*Work task*:
Would you reproduce exactly the lines below from the one holding "snapshot_codec = record" through the one holding "-- two entries", inclusive, and no others?

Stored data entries
····················

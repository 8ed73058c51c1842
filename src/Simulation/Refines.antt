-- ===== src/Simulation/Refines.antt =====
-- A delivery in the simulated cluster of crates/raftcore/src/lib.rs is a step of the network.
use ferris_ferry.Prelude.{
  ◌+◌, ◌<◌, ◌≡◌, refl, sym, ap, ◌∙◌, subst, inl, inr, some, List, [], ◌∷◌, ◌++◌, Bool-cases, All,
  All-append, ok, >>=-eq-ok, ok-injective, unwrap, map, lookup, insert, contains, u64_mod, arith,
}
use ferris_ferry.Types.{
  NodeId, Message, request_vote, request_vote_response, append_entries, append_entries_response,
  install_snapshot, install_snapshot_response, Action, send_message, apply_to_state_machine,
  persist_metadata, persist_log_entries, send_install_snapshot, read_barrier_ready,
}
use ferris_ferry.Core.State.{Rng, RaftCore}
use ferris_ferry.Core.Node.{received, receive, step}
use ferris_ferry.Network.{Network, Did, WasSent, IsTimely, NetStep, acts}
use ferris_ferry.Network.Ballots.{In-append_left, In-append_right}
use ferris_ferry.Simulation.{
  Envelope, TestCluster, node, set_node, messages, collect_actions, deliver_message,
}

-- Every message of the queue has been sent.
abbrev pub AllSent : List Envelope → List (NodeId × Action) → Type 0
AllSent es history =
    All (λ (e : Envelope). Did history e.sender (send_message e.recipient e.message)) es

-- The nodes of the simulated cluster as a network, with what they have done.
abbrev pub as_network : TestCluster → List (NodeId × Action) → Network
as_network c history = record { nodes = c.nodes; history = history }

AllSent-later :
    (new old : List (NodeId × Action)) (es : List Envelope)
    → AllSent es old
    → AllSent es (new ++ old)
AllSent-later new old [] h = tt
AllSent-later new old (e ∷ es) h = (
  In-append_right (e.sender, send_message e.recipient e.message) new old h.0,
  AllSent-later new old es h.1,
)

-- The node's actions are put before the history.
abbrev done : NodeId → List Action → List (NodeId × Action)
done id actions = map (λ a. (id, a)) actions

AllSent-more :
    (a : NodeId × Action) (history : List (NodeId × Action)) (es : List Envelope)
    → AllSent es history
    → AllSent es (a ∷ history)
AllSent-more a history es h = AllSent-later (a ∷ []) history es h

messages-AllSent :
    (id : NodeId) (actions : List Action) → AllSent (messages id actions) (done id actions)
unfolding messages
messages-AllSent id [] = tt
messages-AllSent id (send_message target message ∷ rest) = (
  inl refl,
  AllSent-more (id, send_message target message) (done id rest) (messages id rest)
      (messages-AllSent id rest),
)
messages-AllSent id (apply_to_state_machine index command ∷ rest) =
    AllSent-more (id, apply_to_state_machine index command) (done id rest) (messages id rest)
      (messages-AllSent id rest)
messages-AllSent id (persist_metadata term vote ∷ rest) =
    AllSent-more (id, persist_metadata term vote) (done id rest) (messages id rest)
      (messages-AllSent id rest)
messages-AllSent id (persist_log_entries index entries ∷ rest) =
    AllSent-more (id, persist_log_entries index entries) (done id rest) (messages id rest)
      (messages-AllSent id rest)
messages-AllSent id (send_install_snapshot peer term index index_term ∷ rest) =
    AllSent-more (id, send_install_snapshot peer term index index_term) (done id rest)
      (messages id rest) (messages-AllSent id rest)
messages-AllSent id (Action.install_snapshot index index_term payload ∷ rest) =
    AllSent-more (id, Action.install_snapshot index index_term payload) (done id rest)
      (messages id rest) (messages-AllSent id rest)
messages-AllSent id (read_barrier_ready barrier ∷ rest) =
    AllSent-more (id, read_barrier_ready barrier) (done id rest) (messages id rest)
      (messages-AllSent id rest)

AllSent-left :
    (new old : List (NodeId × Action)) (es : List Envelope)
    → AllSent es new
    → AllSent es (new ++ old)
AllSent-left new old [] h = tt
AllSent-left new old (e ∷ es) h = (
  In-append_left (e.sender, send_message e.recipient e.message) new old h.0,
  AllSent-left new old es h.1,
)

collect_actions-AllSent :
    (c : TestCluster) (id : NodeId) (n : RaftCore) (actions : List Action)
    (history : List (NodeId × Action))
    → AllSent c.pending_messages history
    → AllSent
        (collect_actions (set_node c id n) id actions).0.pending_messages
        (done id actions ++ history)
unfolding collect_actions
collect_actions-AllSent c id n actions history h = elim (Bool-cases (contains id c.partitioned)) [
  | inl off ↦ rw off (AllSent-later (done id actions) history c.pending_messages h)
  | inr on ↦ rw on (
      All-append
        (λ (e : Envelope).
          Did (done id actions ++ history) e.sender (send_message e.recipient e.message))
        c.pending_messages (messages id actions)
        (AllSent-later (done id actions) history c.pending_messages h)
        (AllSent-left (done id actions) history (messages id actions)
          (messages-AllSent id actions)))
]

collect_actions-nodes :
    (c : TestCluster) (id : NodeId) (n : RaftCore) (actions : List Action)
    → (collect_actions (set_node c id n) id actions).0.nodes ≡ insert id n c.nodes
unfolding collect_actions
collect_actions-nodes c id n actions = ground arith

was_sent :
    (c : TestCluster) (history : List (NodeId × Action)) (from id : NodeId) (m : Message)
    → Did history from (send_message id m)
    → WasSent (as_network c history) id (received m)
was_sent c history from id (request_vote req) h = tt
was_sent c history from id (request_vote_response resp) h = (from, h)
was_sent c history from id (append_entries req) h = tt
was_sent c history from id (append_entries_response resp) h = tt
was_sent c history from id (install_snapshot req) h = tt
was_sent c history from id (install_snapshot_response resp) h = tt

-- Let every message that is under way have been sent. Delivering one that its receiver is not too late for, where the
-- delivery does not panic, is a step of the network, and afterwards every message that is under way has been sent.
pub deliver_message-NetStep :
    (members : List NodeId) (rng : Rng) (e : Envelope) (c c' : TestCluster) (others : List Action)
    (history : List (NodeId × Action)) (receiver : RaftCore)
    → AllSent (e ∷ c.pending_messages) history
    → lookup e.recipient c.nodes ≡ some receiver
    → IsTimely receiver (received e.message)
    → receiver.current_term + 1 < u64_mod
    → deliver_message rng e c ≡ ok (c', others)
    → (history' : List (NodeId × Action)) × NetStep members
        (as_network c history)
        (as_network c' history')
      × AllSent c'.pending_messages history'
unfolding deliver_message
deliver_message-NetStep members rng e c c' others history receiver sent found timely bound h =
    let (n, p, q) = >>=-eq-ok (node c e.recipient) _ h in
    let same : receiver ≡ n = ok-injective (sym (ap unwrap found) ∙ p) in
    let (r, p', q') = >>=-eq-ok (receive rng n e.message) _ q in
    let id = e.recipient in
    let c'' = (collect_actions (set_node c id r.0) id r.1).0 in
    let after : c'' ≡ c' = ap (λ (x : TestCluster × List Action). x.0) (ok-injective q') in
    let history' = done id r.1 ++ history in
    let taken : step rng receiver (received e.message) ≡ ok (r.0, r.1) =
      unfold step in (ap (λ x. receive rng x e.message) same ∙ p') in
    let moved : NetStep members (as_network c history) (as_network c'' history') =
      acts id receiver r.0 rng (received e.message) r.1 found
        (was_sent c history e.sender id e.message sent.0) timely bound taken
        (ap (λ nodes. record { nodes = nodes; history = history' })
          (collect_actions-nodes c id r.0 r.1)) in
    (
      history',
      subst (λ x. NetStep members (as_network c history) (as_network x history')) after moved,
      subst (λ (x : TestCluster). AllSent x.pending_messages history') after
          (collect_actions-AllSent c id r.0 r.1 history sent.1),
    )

····················

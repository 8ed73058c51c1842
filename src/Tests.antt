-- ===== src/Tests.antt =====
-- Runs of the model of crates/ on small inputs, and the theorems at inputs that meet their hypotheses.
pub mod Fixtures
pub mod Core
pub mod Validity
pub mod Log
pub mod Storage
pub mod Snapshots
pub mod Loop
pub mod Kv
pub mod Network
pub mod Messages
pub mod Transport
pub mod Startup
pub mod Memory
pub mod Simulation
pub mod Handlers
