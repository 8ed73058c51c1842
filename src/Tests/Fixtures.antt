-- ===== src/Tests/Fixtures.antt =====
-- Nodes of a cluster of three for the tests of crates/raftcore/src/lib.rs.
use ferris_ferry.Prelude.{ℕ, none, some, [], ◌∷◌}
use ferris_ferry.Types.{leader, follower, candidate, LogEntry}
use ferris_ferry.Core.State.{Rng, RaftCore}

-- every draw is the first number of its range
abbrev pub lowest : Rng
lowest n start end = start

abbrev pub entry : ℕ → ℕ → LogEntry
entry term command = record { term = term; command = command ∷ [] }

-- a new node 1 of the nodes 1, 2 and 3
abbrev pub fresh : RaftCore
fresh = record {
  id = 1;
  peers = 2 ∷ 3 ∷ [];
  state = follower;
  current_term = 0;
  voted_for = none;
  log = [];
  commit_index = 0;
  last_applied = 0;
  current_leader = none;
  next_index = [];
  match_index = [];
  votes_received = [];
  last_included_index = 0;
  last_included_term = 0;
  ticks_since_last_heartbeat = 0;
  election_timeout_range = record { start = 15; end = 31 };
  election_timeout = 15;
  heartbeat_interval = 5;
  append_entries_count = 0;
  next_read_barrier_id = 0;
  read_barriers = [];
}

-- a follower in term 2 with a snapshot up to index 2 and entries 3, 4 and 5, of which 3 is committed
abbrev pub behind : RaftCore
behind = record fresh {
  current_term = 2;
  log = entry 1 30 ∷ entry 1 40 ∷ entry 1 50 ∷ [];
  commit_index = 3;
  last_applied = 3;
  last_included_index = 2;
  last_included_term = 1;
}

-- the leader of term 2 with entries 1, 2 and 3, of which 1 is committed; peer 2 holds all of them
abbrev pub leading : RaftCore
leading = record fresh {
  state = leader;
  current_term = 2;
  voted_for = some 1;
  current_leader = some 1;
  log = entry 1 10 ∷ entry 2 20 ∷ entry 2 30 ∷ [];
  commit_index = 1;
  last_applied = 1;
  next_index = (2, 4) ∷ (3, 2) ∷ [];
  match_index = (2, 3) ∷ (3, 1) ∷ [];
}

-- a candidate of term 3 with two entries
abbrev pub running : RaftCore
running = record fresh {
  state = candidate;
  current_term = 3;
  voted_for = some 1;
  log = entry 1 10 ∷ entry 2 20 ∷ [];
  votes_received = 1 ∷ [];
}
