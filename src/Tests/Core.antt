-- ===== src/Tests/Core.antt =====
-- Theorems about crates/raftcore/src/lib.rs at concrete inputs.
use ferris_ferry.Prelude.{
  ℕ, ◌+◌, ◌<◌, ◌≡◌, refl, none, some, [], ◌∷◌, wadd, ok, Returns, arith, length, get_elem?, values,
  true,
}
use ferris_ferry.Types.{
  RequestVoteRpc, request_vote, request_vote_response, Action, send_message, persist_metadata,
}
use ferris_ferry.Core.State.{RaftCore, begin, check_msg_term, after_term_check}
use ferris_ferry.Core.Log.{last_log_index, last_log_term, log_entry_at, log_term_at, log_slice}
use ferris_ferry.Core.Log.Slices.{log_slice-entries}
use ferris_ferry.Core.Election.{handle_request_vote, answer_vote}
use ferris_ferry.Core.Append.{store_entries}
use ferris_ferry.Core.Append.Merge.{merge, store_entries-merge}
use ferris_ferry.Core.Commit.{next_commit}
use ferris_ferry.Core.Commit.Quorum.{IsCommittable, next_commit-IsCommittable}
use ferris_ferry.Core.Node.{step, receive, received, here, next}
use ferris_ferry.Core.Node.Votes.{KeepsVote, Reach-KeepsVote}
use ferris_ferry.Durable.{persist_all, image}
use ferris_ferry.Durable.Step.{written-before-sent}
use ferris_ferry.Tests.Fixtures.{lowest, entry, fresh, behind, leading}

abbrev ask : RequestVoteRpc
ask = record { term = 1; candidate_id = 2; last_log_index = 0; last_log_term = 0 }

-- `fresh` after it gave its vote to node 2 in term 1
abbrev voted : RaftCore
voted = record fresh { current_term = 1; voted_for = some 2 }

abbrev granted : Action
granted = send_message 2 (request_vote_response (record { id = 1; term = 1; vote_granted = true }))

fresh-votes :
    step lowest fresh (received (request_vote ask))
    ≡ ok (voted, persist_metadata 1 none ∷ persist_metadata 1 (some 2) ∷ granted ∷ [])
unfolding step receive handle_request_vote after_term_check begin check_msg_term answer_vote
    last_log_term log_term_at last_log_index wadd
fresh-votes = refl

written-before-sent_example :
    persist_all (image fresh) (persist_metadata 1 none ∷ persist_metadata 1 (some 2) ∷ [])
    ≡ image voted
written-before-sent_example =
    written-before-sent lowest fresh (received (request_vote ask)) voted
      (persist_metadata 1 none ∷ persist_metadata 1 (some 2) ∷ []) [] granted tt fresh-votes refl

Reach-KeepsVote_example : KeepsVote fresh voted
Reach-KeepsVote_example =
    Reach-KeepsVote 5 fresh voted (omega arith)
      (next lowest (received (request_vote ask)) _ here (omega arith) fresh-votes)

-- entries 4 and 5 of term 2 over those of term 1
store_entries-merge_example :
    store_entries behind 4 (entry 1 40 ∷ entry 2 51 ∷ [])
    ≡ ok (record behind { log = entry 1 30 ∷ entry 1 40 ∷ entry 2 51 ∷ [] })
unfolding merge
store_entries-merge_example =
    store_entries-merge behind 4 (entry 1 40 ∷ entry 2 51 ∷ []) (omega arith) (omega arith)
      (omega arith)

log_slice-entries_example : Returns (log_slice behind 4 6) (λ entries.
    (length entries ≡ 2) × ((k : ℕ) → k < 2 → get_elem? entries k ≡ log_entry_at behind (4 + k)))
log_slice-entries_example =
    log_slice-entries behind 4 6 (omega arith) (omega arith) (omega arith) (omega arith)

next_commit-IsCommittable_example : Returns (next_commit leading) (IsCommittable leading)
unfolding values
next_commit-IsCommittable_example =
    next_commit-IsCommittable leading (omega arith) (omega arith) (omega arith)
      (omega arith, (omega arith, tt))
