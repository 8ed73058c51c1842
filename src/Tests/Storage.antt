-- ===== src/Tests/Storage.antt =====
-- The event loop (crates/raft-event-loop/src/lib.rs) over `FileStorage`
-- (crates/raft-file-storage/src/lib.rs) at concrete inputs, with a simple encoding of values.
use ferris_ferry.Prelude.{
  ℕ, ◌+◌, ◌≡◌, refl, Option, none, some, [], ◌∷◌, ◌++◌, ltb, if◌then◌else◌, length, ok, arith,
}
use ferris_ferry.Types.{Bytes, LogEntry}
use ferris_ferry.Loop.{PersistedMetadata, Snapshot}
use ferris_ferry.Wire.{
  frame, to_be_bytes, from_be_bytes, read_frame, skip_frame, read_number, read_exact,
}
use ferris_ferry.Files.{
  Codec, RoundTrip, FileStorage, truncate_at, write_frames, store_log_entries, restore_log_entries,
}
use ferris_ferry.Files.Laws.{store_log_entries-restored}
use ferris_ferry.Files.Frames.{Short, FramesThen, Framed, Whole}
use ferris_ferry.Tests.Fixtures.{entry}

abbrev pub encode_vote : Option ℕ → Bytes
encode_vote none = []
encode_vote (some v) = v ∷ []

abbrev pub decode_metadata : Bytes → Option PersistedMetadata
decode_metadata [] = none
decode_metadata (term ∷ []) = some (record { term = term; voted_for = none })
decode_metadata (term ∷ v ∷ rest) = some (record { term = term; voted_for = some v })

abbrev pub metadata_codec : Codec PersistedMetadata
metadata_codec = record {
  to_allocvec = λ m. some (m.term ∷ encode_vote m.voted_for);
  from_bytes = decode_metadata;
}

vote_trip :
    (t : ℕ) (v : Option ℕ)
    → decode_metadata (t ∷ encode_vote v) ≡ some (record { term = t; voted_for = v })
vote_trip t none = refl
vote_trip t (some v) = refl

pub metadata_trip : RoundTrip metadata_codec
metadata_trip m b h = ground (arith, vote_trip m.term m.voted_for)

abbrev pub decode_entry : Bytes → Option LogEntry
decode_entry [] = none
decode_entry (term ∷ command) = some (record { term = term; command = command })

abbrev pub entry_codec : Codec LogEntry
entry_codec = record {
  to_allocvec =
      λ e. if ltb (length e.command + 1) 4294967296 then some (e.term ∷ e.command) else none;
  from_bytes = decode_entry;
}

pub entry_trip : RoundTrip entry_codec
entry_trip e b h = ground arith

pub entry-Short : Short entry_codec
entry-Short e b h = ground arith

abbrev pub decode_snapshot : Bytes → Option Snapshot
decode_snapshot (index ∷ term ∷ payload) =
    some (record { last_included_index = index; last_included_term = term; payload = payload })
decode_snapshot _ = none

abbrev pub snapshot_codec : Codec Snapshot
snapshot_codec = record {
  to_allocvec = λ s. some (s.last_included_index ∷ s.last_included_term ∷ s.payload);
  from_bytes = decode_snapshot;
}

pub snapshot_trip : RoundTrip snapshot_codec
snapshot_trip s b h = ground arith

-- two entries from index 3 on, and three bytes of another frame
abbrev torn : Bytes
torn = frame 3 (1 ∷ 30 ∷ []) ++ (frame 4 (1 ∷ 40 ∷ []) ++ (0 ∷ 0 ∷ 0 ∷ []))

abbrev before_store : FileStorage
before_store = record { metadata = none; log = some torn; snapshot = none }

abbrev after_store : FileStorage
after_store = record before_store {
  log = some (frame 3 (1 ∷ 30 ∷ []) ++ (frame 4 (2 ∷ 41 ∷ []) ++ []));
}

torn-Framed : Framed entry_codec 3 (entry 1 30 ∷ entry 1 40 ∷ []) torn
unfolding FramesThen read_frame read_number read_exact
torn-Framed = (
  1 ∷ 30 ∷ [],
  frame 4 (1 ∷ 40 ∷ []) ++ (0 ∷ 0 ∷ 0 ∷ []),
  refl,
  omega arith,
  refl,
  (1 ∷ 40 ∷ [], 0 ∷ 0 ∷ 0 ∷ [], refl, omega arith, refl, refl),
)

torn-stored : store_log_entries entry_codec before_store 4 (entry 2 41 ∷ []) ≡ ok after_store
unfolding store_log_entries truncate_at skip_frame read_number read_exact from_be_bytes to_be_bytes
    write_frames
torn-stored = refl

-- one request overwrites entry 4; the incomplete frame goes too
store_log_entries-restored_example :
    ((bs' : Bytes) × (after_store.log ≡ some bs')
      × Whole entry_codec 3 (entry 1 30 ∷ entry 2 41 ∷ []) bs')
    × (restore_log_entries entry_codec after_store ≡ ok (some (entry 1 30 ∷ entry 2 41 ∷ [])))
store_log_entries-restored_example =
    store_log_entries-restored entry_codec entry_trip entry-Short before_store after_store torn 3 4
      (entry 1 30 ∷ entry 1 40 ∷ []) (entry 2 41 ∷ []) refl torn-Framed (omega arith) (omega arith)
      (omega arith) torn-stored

····················

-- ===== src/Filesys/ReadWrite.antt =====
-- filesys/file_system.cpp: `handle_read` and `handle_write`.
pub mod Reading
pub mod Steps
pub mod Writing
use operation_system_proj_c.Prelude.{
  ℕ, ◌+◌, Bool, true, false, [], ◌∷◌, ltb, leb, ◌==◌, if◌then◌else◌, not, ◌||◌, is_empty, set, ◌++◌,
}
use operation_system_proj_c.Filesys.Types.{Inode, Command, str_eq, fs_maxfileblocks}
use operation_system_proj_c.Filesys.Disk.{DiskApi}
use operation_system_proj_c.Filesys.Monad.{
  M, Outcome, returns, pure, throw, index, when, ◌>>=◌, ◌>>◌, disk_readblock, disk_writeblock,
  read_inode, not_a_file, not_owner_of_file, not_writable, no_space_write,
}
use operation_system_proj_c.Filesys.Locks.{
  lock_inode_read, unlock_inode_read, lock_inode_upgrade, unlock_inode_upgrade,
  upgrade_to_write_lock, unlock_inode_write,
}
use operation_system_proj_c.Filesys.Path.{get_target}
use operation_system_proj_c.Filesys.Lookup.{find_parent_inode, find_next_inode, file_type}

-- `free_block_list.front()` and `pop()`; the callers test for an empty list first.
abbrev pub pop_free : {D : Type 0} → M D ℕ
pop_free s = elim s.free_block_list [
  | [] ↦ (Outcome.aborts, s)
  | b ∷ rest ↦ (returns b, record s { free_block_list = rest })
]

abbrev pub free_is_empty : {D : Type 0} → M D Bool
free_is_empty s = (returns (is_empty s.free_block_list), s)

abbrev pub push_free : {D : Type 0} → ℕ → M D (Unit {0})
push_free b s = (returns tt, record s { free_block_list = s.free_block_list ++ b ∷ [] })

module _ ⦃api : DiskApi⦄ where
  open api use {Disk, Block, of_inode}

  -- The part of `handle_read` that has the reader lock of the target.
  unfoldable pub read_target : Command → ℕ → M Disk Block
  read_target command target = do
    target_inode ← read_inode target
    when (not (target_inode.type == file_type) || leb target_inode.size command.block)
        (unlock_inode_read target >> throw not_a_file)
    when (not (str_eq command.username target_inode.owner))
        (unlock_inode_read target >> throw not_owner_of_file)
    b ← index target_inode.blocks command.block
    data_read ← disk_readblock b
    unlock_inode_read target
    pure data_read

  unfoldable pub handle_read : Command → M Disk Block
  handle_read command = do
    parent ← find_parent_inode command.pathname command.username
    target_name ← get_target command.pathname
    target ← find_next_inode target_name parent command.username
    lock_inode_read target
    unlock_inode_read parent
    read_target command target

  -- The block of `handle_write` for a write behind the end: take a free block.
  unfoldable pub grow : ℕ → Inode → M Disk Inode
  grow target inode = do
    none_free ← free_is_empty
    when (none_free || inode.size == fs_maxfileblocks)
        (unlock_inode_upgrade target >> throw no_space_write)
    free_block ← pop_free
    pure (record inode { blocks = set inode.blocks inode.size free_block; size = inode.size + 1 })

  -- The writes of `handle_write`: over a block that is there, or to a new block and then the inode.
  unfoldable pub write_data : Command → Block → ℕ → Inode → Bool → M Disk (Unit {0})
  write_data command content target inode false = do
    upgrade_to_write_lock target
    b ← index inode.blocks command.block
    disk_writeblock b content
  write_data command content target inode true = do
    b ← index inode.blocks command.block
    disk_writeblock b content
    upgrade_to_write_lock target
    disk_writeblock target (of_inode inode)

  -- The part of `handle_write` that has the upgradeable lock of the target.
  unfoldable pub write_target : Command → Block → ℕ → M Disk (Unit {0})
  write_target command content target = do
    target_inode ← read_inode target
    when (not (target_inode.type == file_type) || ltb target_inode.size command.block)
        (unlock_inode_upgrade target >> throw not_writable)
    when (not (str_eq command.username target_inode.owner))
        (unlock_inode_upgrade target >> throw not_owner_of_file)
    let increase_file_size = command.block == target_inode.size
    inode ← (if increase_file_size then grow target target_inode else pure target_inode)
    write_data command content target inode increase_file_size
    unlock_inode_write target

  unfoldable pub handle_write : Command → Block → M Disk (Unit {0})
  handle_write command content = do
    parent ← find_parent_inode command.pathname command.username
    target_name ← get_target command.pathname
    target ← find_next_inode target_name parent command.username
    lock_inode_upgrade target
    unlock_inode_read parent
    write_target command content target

····················

*Task output*:
snapshot_codec = record {
  to_allocvec = λ s. some (s.last_included_index ∷ s.last_included_term ∷ s.payload);
  from_bytes = decode_snapshot;
}

pub snapshot_trip : RoundTrip snapshot_codec
snapshot_trip s b h = ground arith

-- two entries from index 3 on, and three bytes of another frame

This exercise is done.